His versatility was such that he could go on a bare stage alone and weave a stunning evening of entertainment with song, dance, impressions and comedy.Behind Davis' superb stagecraft, however, and despite the adoration of faithful fans, Davis was for much of his life a man at war with himself."This is what I want on my tombstone," he once told an interviewer:
"Sammy Davis Jr., the date, and underneath, one word: 'Entertainer.' That's all, because that's what I am, man."
He buried his pain in alcohol and cocaine—chasing the delusion that his "swinging" lifestyle somehow compensated for his two divorces, his estrangement from his children, and his futile efforts to become what he thought others expected him to be.
"I didn't like me," Davis told an interviewer in 1989. "So it made all the sense in the world to me at the time that if you don't like yourself, you destroy yourself.
"The monkey on my back is that I created a lifestyle that was no good for me. My life was empty. I had drugs, booze and broads, and I had nothing."
He had to fight his way through what he has called "the tortures of the damned," and he credited Altovise, his wife of 20 years, with helping him make a turnaround.
"She was there for me," he said. "She gave me all the support in the world."
The turnaround began when doctors told him in 1983 that his stomach and liver were so damaged that he would die soon if he didn't stop drinking. He stopped. In 1984 and 1985, he underwent hip replacement surgery.
But he returned to dance again and charmed movie fans as Little Mo, the veteran hoofer with still enough moves to accept a "challenge" dance, in the 1989 film "Tap."
The drinking was only one of his excesses. He spent money just as easily.
During his illustrious career, he had earned millions and spent or given away more. And by the 1980s, the Internal Revenue Service was clamoring for unpaid millions in taxes it said he owed.
Davis also shamelessly gushed over every guest on his television shows. And his ostentation became a trademark. If one gold ring was good, four had to be better.
Try as he might to win love with his talent, his public persona had become an easy target--grist for a devastating (and, he said, all too accurate) impersonation by comedian Billy Crystal.
But if his excesses were obnoxious to some, Davis, the individual, was a monument to generosity for others. He marched for civil rights in Selma, Ala., played benefits for Jesse Jackson's Operation PUSH, and helped raise funds to investigate the Atlanta child murders.
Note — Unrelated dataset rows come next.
-- ===== src/WebToken/RoundTrip.antt =====
-- packages/danaus/src/auth/web.ts: which tokens are accepted.
use Prim.Native.Char.{Char, code}
use Prim.Native.String.{[], ◌∷◌, ◌++◌}
use text.Mathlib.TextLemmas.{nil-append, cons-append}
use text.Mathlib.TextEquality.{Char-path}
use mathlib.Core.Option.{some-injective}
use danaus.Prelude.{
  ◌≡◌, refl, sym, ap, ◌∙◌, String, true, false, none, some, arith, ◌==◌, ◌||◌, str_eq, length,
  Bool-cases, Option-cases, inl, inr,
}
use danaus.SeqEvent.{Bytes}
use danaus.WebToken.{
  session, null, split_at_dot, sign_web_session_id, create_web_session_token, compare_signatures,
  verify_web_session_token,
}
use danaus.WebToken.Bytewise.{bytes_eq, bytes_eq_refl, bytes_eq→eq}

module _ (c : Char) (s : String) where
  split-here : (code c == 46) ≡ true → split_at_dot (c ∷ s) ≡ some ("", s)
  unfolding split_at_dot
  split-here d = ground arith

  split-nowhere : (code c == 46) ≡ false → split_at_dot s ≡ none → split_at_dot (c ∷ s) ≡ none
  unfolding split_at_dot
  split-nowhere d e = ground arith

  split-later :
      (before after : String)
      → (code c == 46) ≡ false
      → split_at_dot s ≡ some (before, after)
      → split_at_dot (c ∷ s) ≡ some (c ∷ before, after)
  unfolding split_at_dot
  split-later before after d e = ground arith

dot-append : (s : String) → "." ++ s ≡ "." ∷ s
dot-append s = cons-append "." [] s ∙ ap (λ t. "." ∷ t) (nil-append s)

split_at_dot-joined :
    (id signature : String)
    → split_at_dot id ≡ none
    → split_at_dot (id ++ "." ++ signature) ≡ some (id, signature)
split_at_dot-joined [] signature h =
    ap split_at_dot (nil-append ("." ++ signature) ∙ dot-append signature)
    ∙ split-here "." signature refl
split_at_dot-joined (c ∷ s) signature h = elim (Bool-cases (code c == 46)) [
  | inl d ↦ cc (h, split-here c s d)
  | inr d ↦ elim (Option-cases (split_at_dot s)) [
    | inl e ↦
        ap split_at_dot (cons-append c s ("." ++ signature))
        ∙ split-later c (s ++ "." ++ signature) s signature d (split_at_dot-joined s signature e)
    | inr ((before, after), e) ↦ cc (h, split-later c s before after d e)
  ]
]

split_at_dot-joins :
    (token id signature : String)
    → split_at_dot token ≡ some (id, signature)
    → token ≡ id ++ "." ++ signature
unfolding split_at_dot
split_at_dot-joins [] id signature h = cc
split_at_dot-joins (c ∷ s) id signature h = elim (Bool-cases (code c == 46)) [
  | inl d ↦
      let same = some-injective ("", s) (id, signature) (sym (split-here c s d) ∙ h) in
      ap (λ x. x ∷ s) (Char-path c "." (ground arith))
      ∙ sym (dot-append s)
      ∙ sym (nil-append ("." ++ s))
      ∙ ap (λ (p : String × String). p.0 ++ "." ++ p.1) same
  | inr d ↦ elim (Option-cases (split_at_dot s)) [
    | inl e ↦ cc (h, split-nowhere c s d e)
    | inr ((before, after), e) ↦
        let same =
          some-injective (c ∷ before, after) (id, signature)
            (sym (split-later c s before after d e) ∙ h) in
        ap (λ t. c ∷ t) (split_at_dot-joins s before after e)
        ∙ sym (cons-append c before ("." ++ after))
        ∙ ap (λ (p : String × String). p.0 ++ "." ++ p.1) same
  ]
]

compare-same : (id : String) (b : Bytes) → compare_signatures id b b ≡ session id
unfolding compare_signatures
compare-same id b = ground (arith, bytes_eq_refl b)

compare_sound :
    (id other : String) (expected given : Bytes)
    → compare_signatures id expected given ≡ session other
    → (id ≡ other) × (expected ≡ given)
unfolding compare_signatures
compare_sound id other expected given h = elim (Bool-cases (length expected == length given)) [
  | inr e ↦ absurd (ground arith)
  | inl e ↦ elim (Bool-cases (bytes_eq expected given)) [
    | inl k ↦ (ground arith, bytes_eq→eq expected given k)
    | inr k ↦ absurd (ground arith)
  ]
]

module _ (hmac : String → Bytes) (from_base64url : String → Bytes) where
  verify-split :
      (token id signature : String)
      → split_at_dot token ≡ some (id, signature)
      → (str_eq id "" || str_eq signature "") ≡ false
      → verify_web_session_token hmac from_base64url token
        ≡ compare_signatures id (hmac id) (from_base64url signature)
  unfolding verify_web_session_token
  verify-split token id signature e h = ground arith

  verify-empty :
      (token id signature : String)
      → split_at_dot token ≡ some (id, signature)
      → (str_eq id "" || str_eq signature "") ≡ true
      → verify_web_session_token hmac from_base64url token ≡ null
  unfolding verify_web_session_token
  verify-empty token id signature e h = ground arith

  verify-whole :
      (token : String)
      → split_at_dot token ≡ none
      → verify_web_session_token hmac from_base64url token ≡ null
  unfolding verify_web_session_token
  verify-whole token e = ground arith

  -- A token that is verified as an id is that id, a full stop and a text that stands for the
  -- signature of the id.
  pub verify_web_session_token-signed :
      (token id : String)
      → verify_web_session_token hmac from_base64url token ≡ session id
      → (signature : String) × (token ≡ id ++ "." ++ signature)
        × (hmac id ≡ from_base64url signature)
  verify_web_session_token-signed token id h = elim (Option-cases (split_at_dot token)) [
    | inl e ↦ cc (h, verify-whole token e)
    | inr ((before, after), e) ↦ elim (Bool-cases (str_eq before "" || str_eq after "")) [
      | inl k ↦ cc (h, verify-empty token before after e k)
      | inr k ↦
          let (same, signed) =
            compare_sound before id (hmac before) (from_base64url after)
              (sym (verify-split token before after e k) ∙ h) in
          (
            after,
            split_at_dot-joins token before after e ∙ ap (λ t. t ++ "." ++ after) same,
            ap hmac (sym same) ∙ signed,
          )
    ]
  ]

  -- Where base64url is read back as what was written, the token that is made for a session's id is
  -- verified as that id, if the id is not empty and has no full stop, and its signature not empty.
  pub verify-create_web_session_token :
      (to_base64url : Bytes → String) (id : String)
      → ((bytes : Bytes) → from_base64url (to_base64url bytes) ≡ bytes)
      → split_at_dot id ≡ none
      → str_eq id "" ≡ false
      → str_eq (to_base64url (hmac id)) "" ≡ false
      → verify_web_session_token hmac from_base64url (create_web_session_token hmac to_base64url id)
        ≡ session id
  unfolding create_web_session_token sign_web_session_id
  verify-create_web_session_token to_base64url id back plain named signed =
      verify-split (id ++ "." ++ to_base64url (hmac id)) id (to_base64url (hmac id))
        (split_at_dot-joined id (to_base64url (hmac id)) plain) (ground arith)
      ∙ ap (compare_signatures id (hmac id)) (back (hmac id))
      ∙ compare-same id (hmac id)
Benjamin L. Hooks, executive director of the National Assn. for the Advancement of Colored People, remembered him Wednesday as "a humanitarian whose heart was so big . . . that it dwarfed his frame."
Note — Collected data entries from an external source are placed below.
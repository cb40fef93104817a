-- ===== src/WebSessions/Lifetime.antt =====
-- packages/danaus/src/accounts/web-sessions.ts: how long a session and its sudo mode last.
use danaus.Prelude.{
  ℕ, ◌+◌, ◌≤◌, ◌<◌, ◌≡◌, refl, ap, ◌∙◌, String, true, false, none, some, List, [], ◌∷◌, ◌++◌, arith,
  All, str_eq_refl, Bool-cases, inl, inr,
}
use danaus.SeqEvent.{Bytes}
use danaus.Table.{Timestamps, first, update}
use danaus.Table.Rows.{first-append_none, first-All}
use danaus.WebSessions.{
  WebSession, SessionDb, CreateWebSessionOptions, session_ttl, sudo_mode_ttl, with_id,
  get_web_session, is_session_elevated, new_session, create_web_session, elevate, elevate_session,
}

module _ (D : Timestamps) (hmac : String → Bytes) (to_base64url : Bytes → String) where
  created :
      (o : CreateWebSessionOptions) (id : String) (t : ℕ) (s : SessionDb)
      → first (with_id id) s.sessions ≡ none
      → (create_web_session D hmac to_base64url o id t s).1
        ≡ record s { sessions = s.sessions ++ new_session D o id t ∷ [] }
  unfolding create_web_session
  created o id t s e = ground arith

  stands :
      (o : CreateWebSessionOptions) (id : String) (t : ℕ) (rows : List WebSession)
      → first (with_id id) rows ≡ none
      → first (with_id id) (rows ++ new_session D o id t ∷ []) ≡ some (new_session D o id t)
  unfolding first
  stands o id t rows e =
      first-append_none (with_id id) rows (new_session D o id t ∷ []) e
      ∙ ground (arith, str_eq_refl id)

  get-live :
      (id : String) (now : ℕ) (s : SessionDb) (row : WebSession)
      → first (with_id id) s.sessions ≡ some row
      → now < row.expires_at
      → (get_web_session id now s).0 ≡ some row
  unfolding get_web_session
  get-live id now s row e h = ground arith

  get-expired :
      (id : String) (now : ℕ) (s : SessionDb) (row : WebSession)
      → first (with_id id) s.sessions ≡ some row
      → row.expires_at ≤ now
      → (get_web_session id now s).0 ≡ none
  unfolding get_web_session
  get-expired id now s row e h = ground arith

  -- A session whose id was not in use is found again, as it was created, up to a second before its
  -- seven days are over, or its 365 days if it is to be remembered.
  pub web_session-lives :
      (o : CreateWebSessionOptions) (id : String) (t now : ℕ) (s : SessionDb)
      → first (with_id id) s.sessions ≡ none
      → now + 1000 ≤ t + session_ttl o.remember
      → (get_web_session id now (create_web_session D hmac to_base64url o id t s).1).0
        ≡ some (new_session D o id t)
  web_session-lives o id t now s e h =
      ap (λ d. (get_web_session id now d).0) (created o id t s e)
      ∙ get-live id now (record s { sessions = s.sessions ++ new_session D o id t ∷ [] })
          (new_session D o id t) (stands o id t s.sessions e)
          (omega (arith, D.lt-stored (t + session_ttl o.remember)))

  -- A session whose id was not in use is not found once its seven days are over, or its 365 days if
  -- it is to be remembered.
  pub web_session-expires :
      (o : CreateWebSessionOptions) (id : String) (t now : ℕ) (s : SessionDb)
      → first (with_id id) s.sessions ≡ none
      → t + session_ttl o.remember ≤ now
      → (get_web_session id now (create_web_session D hmac to_base64url o id t s).1).0 ≡ none
  web_session-expires o id t now s e h =
      ap (λ d. (get_web_session id now d).0) (created o id t s e)
      ∙ get-expired id now (record s { sessions = s.sessions ++ new_session D o id t ∷ [] })
          (new_session D o id t) (stands o id t s.sessions e)
          (omega (arith, D.stored-le (t + session_ttl o.remember)))

module _ (D : Timestamps) where
  got-first :
      (id : String) (now : ℕ) (s : SessionDb) (row : WebSession)
      → (get_web_session id now s).0 ≡ some row
      → first (with_id id) s.sessions ≡ some row
  unfolding get_web_session
  got-first id now s row e = ground (arith, e)

  marked :
      (id : String) (t : ℕ) (rows : List WebSession)
      → All
          (λ (x : WebSession). with_id id x ≡ true → x.sudo_at ≡ some (D.stored t))
          (update (with_id id) (elevate D t) rows)
  unfolding update
  marked id t [] = tt
  marked id t (x ∷ xs) = elim (Bool-cases (with_id id x)) [
    | inl e ↦ rw e ((λ k. refl), marked id t xs)
    | inr e ↦ rw e ((λ k. cc (e, k)), marked id t xs)
  ]

  -- A session that was lifted to sudo mode is back to normal fifteen minutes later and from then on.
  pub sudo_mode-ends :
      (id : String) (t now : ℕ) (s : SessionDb) (row : WebSession)
      → (get_web_session id now (elevate_session D id t s)).0 ≡ some row
      → t + sudo_mode_ttl ≤ now
      → is_session_elevated now row ≡ false
  unfolding elevate_session is_session_elevated
  sudo_mode-ends id t now s row e h =
      let rows = update (with_id id) (elevate D t) s.sessions in
      let (lifted, mine) =
        first-All _ (with_id id) rows row (marked id t s.sessions)
          (got-first id now (record s { sessions = rows }) row e) in
      rw (lifted mine) (ground (arith, D.stored-le t))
Hooks, in a statement, called attention to Davis' accomplishments "in the struggle of African-Americans," much of which "was not widely known . . . ."
Coretta Scott King called him "not only one of the greatest performing artists of our age" but "an ardent, tireless supporter of Martin Luther King Jr. and the civil rights movement . . . ."
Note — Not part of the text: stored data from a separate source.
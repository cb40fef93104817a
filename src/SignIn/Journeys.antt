-- ===== src/SignIn/Journeys.antt =====
-- packages/danaus/src/web/controllers/login/lib/forms.ts: what the forms lead to, one after another.
use danaus.Prelude.{
  ◌+◌, ◌≤◌, ◌≡◌, ap, subst, ◌∙◌, inl, inr, String, Bool, false, ◌||◌, Option, none, some, arith,
  Bool-cases, str_eq, str_eq→eq, is_some, ok,
}
use danaus.Table.{first}
use danaus.Accounts.{Account}
use danaus.Accounts.Manager.{verify_account_password}
use danaus.Mfa.{get_mfa_status}
use danaus.SeqEvent.{Bytes}
use danaus.WebToken.{session, split_at_dot, verify_web_session_token, create_web_session_token}
use danaus.WebToken.RoundTrip.{verify-create_web_session_token}
use danaus.WebSessions.{
  WebSession, SessionDb, CreateWebSessionOptions, with_id, session_ttl, create_web_session,
  new_session, get_web_session, cleanup_verify_challenges,
}
use danaus.WebSessions.Lifetime.{web_session-lives}
use danaus.SignIn.{
  Server, SignInDb, Visit, Outcome, invalid, throws, to_login, to_verify, redirects, signs_in,
  LoginData, is_incomplete, is_bad_length, sign_in, after_password, login_form,
}
use danaus.SignIn.Pages.{known, try_get_session}

-- The form lets its sender in.
abbrev pub IsAccepted : Outcome → Type 0
IsAccepted invalid = ⊥
IsAccepted throws = ⊥
IsAccepted (to_login target) = ⊥
IsAccepted (to_verify token target) = ⊥
IsAccepted (redirects target) = Unit
IsAccepted (signs_in row token target) = Unit

-- The password is an account's, and the form is complete.
abbrev pub HasPassword : Server → LoginData → SignInDb → Account → Type 0
HasPassword V form s account =
    ((is_incomplete form || is_bad_length V.texts form.password) ≡ false)
    × (verify_account_password V.texts form.identifier form.password s.accounts ≡ ok (some account))

abbrev pub has_mfa : Account → SignInDb → Bool
has_mfa account s = is_some (get_mfa_status account.did s.mfa)

module _ (V : Server) where
  verified-nonempty :
      (id token : String)
      → verify_web_session_token V.token_hmac V.from_base64url token ≡ session id
      → str_eq token "" ≡ false
  unfolding verify_web_session_token split_at_dot
  verified-nonempty id token v = elim (Bool-cases (str_eq token "")) [
    | inl t ↦ cc (
        subst (λ x. verify_web_session_token V.token_hmac V.from_base64url x ≡ session id)
          (str_eq→eq token "" t) v)
    | inr f ↦ f
  ]

  -- A token that is verified, of a session that is found.
  known_by :
      (id token : String) (visit : Visit) (s : SignInDb) (row : WebSession)
      → verify_web_session_token V.token_hmac V.from_base64url token ≡ session id
      → (get_web_session id visit.now s.web).0 ≡ some row
      → (try_get_session V (some token) visit s).0 ≡ known row
  unfolding try_get_session
  known_by id token visit s row v g = rw (verified-nonempty id token v) (rw v (rw g))

module _ (V : Server) (form : LoginData) (visit : Visit) (s : SignInDb) (account : Account) where
  known_password :
      HasPassword V form s account
      → login_form V form visit s ≡ after_password V account form visit s
  unfolding login_form
  known_password h = rw (h.0, h.1)

  abbrev options : CreateWebSessionOptions
  options = record {
    did = account.did;
    remember = form.remember;
    user_agent = visit.user_agent;
    ip = visit.ip;
  }

  abbrev pub first_session : WebSession
  first_session = new_session V.clock options visit.fresh_id visit.now

  abbrev pub first_token : String
  first_token = create_web_session_token V.token_hmac V.to_base64url visit.fresh_id

  abbrev tidied : SessionDb
  tidied = cleanup_verify_challenges V.clock visit.now s.web

  abbrev created : Option (WebSession × String) × SessionDb
  created =
      create_web_session V.clock V.token_hmac V.to_base64url options visit.fresh_id visit.now tidied

  created-row :
      first (with_id visit.fresh_id) s.web.sessions ≡ none
      → created.0 ≡ some (first_session, first_token)
  unfolding create_web_session cleanup_verify_challenges
  created-row e = ground arith

  after_password-session :
      has_mfa account s ≡ false
      → first (with_id visit.fresh_id) s.web.sessions ≡ none
      → after_password V account form visit s
        ≡ (signs_in first_session first_token form.redirect, record s { web = created.1 })
  unfolding after_password sign_in
  after_password-session h e = rw (h, created-row e)

  -- Where the id that is drawn is a token's and is not in use: an account with no second factor that
  -- gives its password gets a session and its cookie, and every later request with the cookie, up to a
  -- second before the session's seven or 365 days are over, is known to be of the session.
  pub login_form-known :
      (later : Visit)
      → HasPassword V form s account
      → has_mfa account s ≡ false
      → first (with_id visit.fresh_id) s.web.sessions ≡ none
      → ((bytes : Bytes) → V.from_base64url (V.to_base64url bytes) ≡ bytes)
      → split_at_dot visit.fresh_id ≡ none
      → str_eq visit.fresh_id "" ≡ false
      → str_eq (V.to_base64url (V.token_hmac visit.fresh_id)) "" ≡ false
      → later.now + 1000 ≤ visit.now + session_ttl form.remember
      → let answer = login_form V form visit s in
        (answer.0 ≡ signs_in first_session first_token form.redirect)
        × ((try_get_session V (some first_token) later answer.1).0 ≡ known first_session)
  unfolding cleanup_verify_challenges
  login_form-known later h m e back plain named signed t =
      let signed_in = known_password h ∙ after_password-session m e in
      (
        ap (λ r. r.0) signed_in,
        ap (λ r. (try_get_session V (some first_token) later r.1).0) signed_in
            ∙ known_by V visit.fresh_id first_token later (record s { web = created.1 })
                first_session
                (verify-create_web_session_token V.token_hmac V.from_base64url V.to_base64url
                  visit.fresh_id back plain named signed)
                (web_session-lives V.clock V.token_hmac V.to_base64url options visit.fresh_id
                  visit.now later.now tidied e t),
      )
Davis would break into his schedule to play a benefit for a blind ex-fighter or sell bonds for Israel. Even as his bank account slid toward empty, he was contributing thousands of dollars to his child's school.
This consummate entertainer whose career has been described as a series of radical mood swings was born Dec. 8, 1925, in Harlem, N.Y., where his father was lead dancer and his mother, Elvera (Sanchez) Davis, was in the chorus of a vaudeville troupe headed by his adopted uncle, Will Mastin.
When the act went on the road, Davis remained with his paternal grandmother, Rosa (Mama) Davis, who raised him until his parents divorced. His father took custody, and by age 3 a mugging little Sammy had made his stage debut.
He learned to dance by watching routines from the wings, and the rhythms from his flashing feet soon became a popular addition to the act. He made his film debut in 1933, at age 7, in "Rufus Jones for President," a comedy in which a boy dreams he is elected President.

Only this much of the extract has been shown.